### Supplied information
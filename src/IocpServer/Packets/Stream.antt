-- ===== src/IocpServer/Packets/Stream.antt =====
-- IOCPServer.cpp and IOCPSession.cpp together: one packet after another.
use iocp_chat_server.Base.{
  ℕ, ◌+◌, ◌≤◌, ◌≡◌, refl, ap, ◌∙◌, some, List, [], ◌∷◌, ◌++◌, ◌≢◌, arith, Option, length,
}
use iocp_chat_server.Network.{PacketObfuscation, Decodes, Winsock}
use iocp_chat_server.Network.IoData.{io_read, socket_buf_size}
use iocp_chat_server.Network.Frame.{frame}
use iocp_chat_server.Network.IocpSession.{IocpSession, recv_stand_by}
use iocp_chat_server.Network.IocpSession.Reassembly.{
  arrive_all, IsFresh, joined, NonEmpty, arrive_all-frame, recv_stand_by-IsFresh,
}
use iocp_chat_server.SessionManager.Memory.{Pointer, World, M, done, ◌>>=◌, ◌>>◌}
use iocp_chat_server.IocpServer.Packets.{packages, arrive_each}
use iocp_chat_server.IocpServer.Packets.Pieces.{
  AllFine, AllFine-frame, Puts, Puts-trans, Puts-frame, arrive_each-Puts,
}

-- A packet: its body, the pieces in which its frame arrives, and what the analyzer makes of the body.
pub record Shipment : Type 0 where
  pub body : List ℕ
  pub first : List ℕ
  pub others : List (List ℕ)
  pub packet : ℕ

-- The body fits the buffer and the analyzer knows it; the pieces make up its frame, the first has at
-- least four bytes, and none is empty.
pub record Ships (o : PacketObfuscation) (analyzer : List ℕ → Option ℕ) (x : Shipment)
    : Type 0 where
  pub fits : 4 + length x.body ≤ socket_buf_size
  pub whole : x.first ++ joined x.others ≡ frame o x.body
  pub four : 4 ≤ length x.first
  pub non_empty : NonEmpty x.others
  pub known : analyzer x.body ≡ some x.packet

abbrev pub AllShip : PacketObfuscation → (List ℕ → Option ℕ) → List Shipment → Type 0
AllShip o analyzer [] = Unit {0}
AllShip o analyzer (x ∷ xs) = Ships o analyzer x × AllShip o analyzer xs

-- Their packets from the session at `p`, in order, the last on top.
abbrev pub passed_on : Pointer → List Shipment → List (Pointer × ℕ) → List (Pointer × ℕ)
passed_on p [] l = l
passed_on p (x ∷ xs) l = passed_on p xs ((p, x.packet) ∷ l)

-- The session after them: it has been set to stand by once for each.
abbrev pub standing_by : Winsock → List Shipment → IocpSession → IocpSession
standing_by net [] s = s
standing_by net (x ∷ xs) s = standing_by net xs (recv_stand_by net s).0

module _ (net : Winsock) (o : PacketObfuscation) (analyzer : List ℕ → Option ℕ) (fuel : ℕ)
    (p : Pointer) where
  -- One packet after another, in pieces.
  unfoldable pub arrive_packets : List Shipment → M (Unit {0})
  arrive_packets [] w = done tt w
  arrive_packets (x ∷ xs) w =
      let rest = arrive_packets xs in
      (do arrive_each net o analyzer fuel p (x.first ∷ x.others); rest) w

module _ (net : Winsock) (o : PacketObfuscation) (decodes : Decodes o)
    (analyzer : List ℕ → Option ℕ) (fuel : ℕ) (p : Pointer) (some_session : p ≢ 0) where
  packet-Puts :
      (x : Shipment) (s : IocpSession) (w : World)
      → w.heap p ≡ some s
      → IsFresh s
      → s.read.io_type ≡ io_read
      → Ships o analyzer x
      → (w' : World) × (arrive_each net o analyzer fuel p (x.first ∷ x.others) w ≡ done tt w')
        × Puts p (recv_stand_by net s).0 ((p, x.packet) ∷ packages w.effects) w w'
  packet-Puts x s w e f y h =
      let all =
        arrive_all-frame net o decodes analyzer x.body h.fits x.first x.others s x.packet f h.whole
          h.four h.non_empty h.known in
      let n = length x.others in
      let fine : AllFine (arrive_all net o analyzer s (x.first ∷ x.others)).1 =
        rw (all.0) (AllFine-frame n x.packet) in
      let r =
        arrive_each-Puts net o analyzer fuel p some_session (x.first ∷ x.others) s w e
          (omega (arith, h.four), h.non_empty) y fine in
      (r.0, r.1, Puts-frame n x.packet (packages w.effects) all.0 r.2)

  stand_by-type : (s : IocpSession) → (recv_stand_by net s).0.read.io_type ≡ s.read.io_type
  unfolding recv_stand_by
  stand_by-type s = refl

  -- A session that waits for a packet, and any number of packets that come one after another, each in
  -- pieces as `Ships` says, with decoding that undoes encoding: the workers meet no fault and pass
  -- exactly these packets on to the server, in order, the session waits again, and nothing else of the
  -- table has changed.
  pub arrive_packets-Puts :
      (xs : List Shipment) (s : IocpSession) (w : World)
      → w.heap p ≡ some s
      → IsFresh s
      → s.read.io_type ≡ io_read
      → AllShip o analyzer xs
      → (w' : World) × (arrive_packets net o analyzer fuel p xs w ≡ done tt w')
        × Puts p (standing_by net xs s) (passed_on p xs (packages w.effects)) w w'
  unfolding arrive_packets
  arrive_packets-Puts [] s w e f y h =
      (w, refl, record { there = e; others = λ q g. refl; list = refl; packages_put = refl })
  arrive_packets-Puts (x ∷ xs) s w e f y h =
      let a = packet-Puts x s w e f y h.0 in
      let b =
        arrive_packets-Puts xs (recv_stand_by net s).0 a.0 a.2.there (recv_stand_by-IsFresh net s)
          (stand_by-type s ∙ y) h.1 in
      (
        b.0,
        rw (a.1, ◌>>=◌) (b.1),
        Puts-trans a.2 (record {
          there = b.2.there;
          others = b.2.others;
          list = b.2.list;
          packages_put = b.2.packages_put ∙ ap (passed_on p xs) a.2.packages_put;
        }),
      )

### Work task
The material shown above must be written out again in full, exactly as it reads.

### Task output
filename src/IocpServer/Packets/Stream.antt
-- ===== src/IocpServer/Packets/Stream.antt =====
-- IOCPServer.cpp and IOCPSession.cpp together: one packet after another.
use iocp_chat_server.Base.{
  ℕ, ◌+◌, ◌≤◌, ◌≡◌, refl, ap, ◌∙◌, some, List, [], ◌∷◌, ◌++◌, ◌≢◌, arith, Option, length,
}
use iocp_chat_server.Network.{PacketObfuscation, Decodes, Winsock}
use iocp_chat_server.Network.IoData.{io_read, socket_buf_size}
use iocp_chat_server.Network.Frame.{frame}
use iocp_chat_server.Network.IocpSession.{IocpSession, recv_stand_by}
use iocp_chat_server.Network.IocpSession.Reassembly.{
  arrive_all, IsFresh, joined, NonEmpty, arrive_all-frame, recv_stand_by-IsFresh,
}
use iocp_chat_server.SessionManager.Memory.{Pointer, World, M, done, ◌>>=◌, ◌>>◌}
use iocp_chat_server.IocpServer.Packets.{packages, arrive_each}
use iocp_chat_server.IocpServer.Packets.Pieces.{
  AllFine, AllFine-frame, Puts, Puts-trans, Puts-frame, arrive_each-Puts,
}

-- A packet: its body, the pieces in which its frame arrives, and what the analyzer makes of the body.
pub record Shipment : Type 0 where
  pub body : List ℕ
  pub first : List ℕ
  pub others : List (List ℕ)
  pub packet : ℕ

-- The body fits the buffer and the analyzer knows it; the pieces make up its frame, the first has at
-- least four bytes, and none is empty.
pub record Ships (o : PacketObfuscation) (analyzer : List ℕ → Option ℕ) (x : Shipment)
    : Type 0 where
  pub fits : 4 + length x.body ≤ socket_buf_size
  pub whole : x.first ++ joined x.others ≡ frame o x.body
  pub four : 4 ≤ length x.first
  pub non_empty : NonEmpty x.others
  pub known : analyzer x.body ≡ some x.packet

abbrev pub AllShip : PacketObfuscation → (List ℕ → Option ℕ) → List Shipment → Type 0
AllShip o analyzer [] = Unit {0}
AllShip o analyzer (x ∷ xs) = Ships o analyzer x × AllShip o analyzer xs

-- Their packets from the session at `p`, in order, the last on top.
abbrev pub passed_on : Pointer → List Shipment → List (Pointer × ℕ) → List (Pointer × ℕ)
passed_on p [] l = l
passed_on p (x ∷ xs) l = passed_on p xs ((p, x.packet) ∷ l)

-- The session after them: it has been set to stand by once for each.
abbrev pub standing_by : Winsock → List Shipment → IocpSession → IocpSession
standing_by net [] s = s
standing_by net (x ∷ xs) s = standing_by net xs (recv_stand_by net s).0

module _ (net : Winsock) (o : PacketObfuscation) (analyzer : List ℕ → Option ℕ) (fuel : ℕ)
    (p : Pointer) where
  -- One packet after another, in pieces.
  unfoldable pub arrive_packets : List Shipment → M (Unit {0})
  arrive_packets [] w = done tt w
  arrive_packets (x ∷ xs) w =
      let rest = arrive_packets xs in
      (do arrive_each net o analyzer fuel p (x.first ∷ x.others); rest) w

module _ (net : Winsock) (o : PacketObfuscation) (decodes : Decodes o)
    (analyzer : List ℕ → Option ℕ) (fuel : ℕ) (p : Pointer) (some_session : p ≢ 0) where
  packet-Puts :
      (x : Shipment) (s : IocpSession) (w : World)
      → w.heap p ≡ some s
      → IsFresh s
      → s.read.io_type ≡ io_read
      → Ships o analyzer x
      → (w' : World) × (arrive_each net o analyzer fuel p (x.first ∷ x.others) w ≡ done tt w')
        × Puts p (recv_stand_by net s).0 ((p, x.packet) ∷ packages w.effects) w w'
  packet-Puts x s w e f y h =
      let all =
        arrive_all-frame net o decodes analyzer x.body h.fits x.first x.others s x.packet f h.whole
          h.four h.non_empty h.known in
      let n = length x.others in
      let fine : AllFine (arrive_all net o analyzer s (x.first ∷ x.others)).1 =
        rw (all.0) (AllFine-frame n x.packet) in
      let r =
        arrive_each-Puts net o analyzer fuel p some_session (x.first ∷ x.others) s w e
          (omega (arith, h.four), h.non_empty) y fine in
      (r.0, r.1, Puts-frame n x.packet (packages w.effects) all.0 r.2)

  stand_by-type : (s : IocpSession) → (recv_stand_by net s).0.read.io_type ≡ s.read.io_type
  unfolding recv_stand_by
  stand_by-type s = refl

  -- A session that waits for a packet, and any number of packets that come one after another, each in
  -- pieces as `Ships` says, with decoding that undoes encoding: the workers meet no fault and pass
  -- exactly these packets on to the server, in order, the session waits again, and nothing else of the
  -- table has changed.
  pub arrive_packets-Puts :
      (xs : List Shipment) (s : IocpSession) (w : World)
      → w.heap p ≡ some s
      → IsFresh s
      → s.read.io_type ≡ io_read
      → AllShip o analyzer xs
      → (w' : World) × (arrive_packets net o analyzer fuel p xs w ≡ done tt w')
        × Puts p (standing_by net xs s) (passed_on p xs (packages w.effects)) w w'
  unfolding arrive_packets
  arrive_packets-Puts [] s w e f y h =
      (w, refl, record { there = e; others = λ q g. refl; list = refl; packages_put = refl })
  arrive_packets-Puts (x ∷ xs) s w e f y h =
      let a = packet-Puts x s w e f y h.0 in
      let b =
        arrive_packets-Puts xs (recv_stand_by net s).0 a.0 a.2.there (recv_stand_by-IsFresh net s)
          (stand_by-type s ∙ y) h.1 in
      (
        b.0,
        rw (a.1, ◌>>=◌) (b.1),
        Puts-trans a.2 (record {
          there = b.2.there;
          others = b.2.others;
          list = b.2.list;
          packages_put = b.2.packages_put ∙ ap (passed_on p xs) a.2.packages_put;
        }),
      )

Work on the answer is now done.